- [About this exercise]
Lines of the data that contain the word "then" are the ones to copy.

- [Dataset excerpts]
=====

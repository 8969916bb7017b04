-- ===== src/Connection/Steps.antt =====
-- connection.rs: the helpers that the machine's transitions share.
use bokkie.Prelude.{
  ℕ, ◌-◌, ◌*◌, ◌^◌, min, not, ◌||◌, Option, none, some, List, [], ◌∷◌, leb, if◌then◌else◌,
}
use bokkie.Protocol.Routines.{BotId}
use bokkie.Protocol.Events.{ClientFrame}
use bokkie.Connection.Machine.{
  State, Command, Connection, wrapping_suc, saturating_suc, same, is_live, first_retry, last_retry,
  close_signed_out, close_protocol, unreadable_limit, viewing_renew,
}

-- `Connection::shown`.
unfoldable pub shown : Connection → Option BotId
shown c = if c.hidden then none else c.viewing

-- `Connection::delay`.
unfoldable pub delay : ℕ → ℕ
delay attempt = let doublings = min (attempt - 1) 6 in min (first_retry * 2 ^ doublings) last_retry

-- `Connection::renew_later`, whose optional command is a list of at most one.
unfoldable pub renew_later : Connection → Connection × List Command
renew_later c = elim c.told [
  | none ↦ (c, [])
  | some _ ↦
      let renewals' = wrapping_suc c.renewals in
      (record c { renewals = renewals' }, Command.renew_viewing renewals' viewing_renew ∷ [])
]

-- `Connection::say_viewing`.
unfoldable pub say_viewing : Connection → Connection × List Command
unfolding renew_later shown
say_viewing c =
    let bot = shown c in
    if not (is_live c.state) || same c.told bot
    then (c, [])
    else (let (c', later) = renew_later (record c { told = bot }) in
        (c', Command.send (ClientFrame.viewing bot) ∷ later))

-- `Connection::connect`.
unfoldable pub connect : Connection → Connection × List Command
connect c = (record c { state = State.connecting; awaiting = none }, Command.connect ∷ [])

back_off : Connection → Connection × List Command
back_off c =
    let failures' = saturating_suc c.failures in
    let wait = delay failures' in
    (
      record c { failures = failures'; state = State.backing_off failures' wait },
      Command.retry_after wait ∷ [],
    )

-- `Connection::closed`.
unfoldable pub closed : Connection → Option ℕ → Connection × List Command
unfolding back_off
closed c code =
    if same code (some close_signed_out)
    then (record c { state = State.signed_out }, Command.signed_out ∷ [])
    else (if same code (some close_protocol)
        then (let refusals' = saturating_suc c.refusals in
            if leb unreadable_limit refusals'
            then (record c { refusals = refusals'; state = State.outdated }, Command.outdated ∷ [])
            else back_off (record c { refusals = refusals' }))
        else back_off c)

-- `Connection::resync`.
unfoldable pub resync : Connection → Connection × List Command
unfolding closed
resync c = let (c', commands) = closed c none in (c', Command.close ∷ commands)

=====

- [Answer to the problem]
  ℕ, ◌-◌, ◌*◌, ◌^◌, min, not, ◌||◌, Option, none, some, List, [], ◌∷◌, leb, if◌then◌else◌,
shown c = if c.hidden then none else c.viewing
    then (c, [])
    then (record c { state = State.signed_out }, Command.signed_out ∷ [])
        then (let refusals' = saturating_suc c.refusals in
            then (record c { refusals = refusals'; state = State.outdated }, Command.outdated ∷ [])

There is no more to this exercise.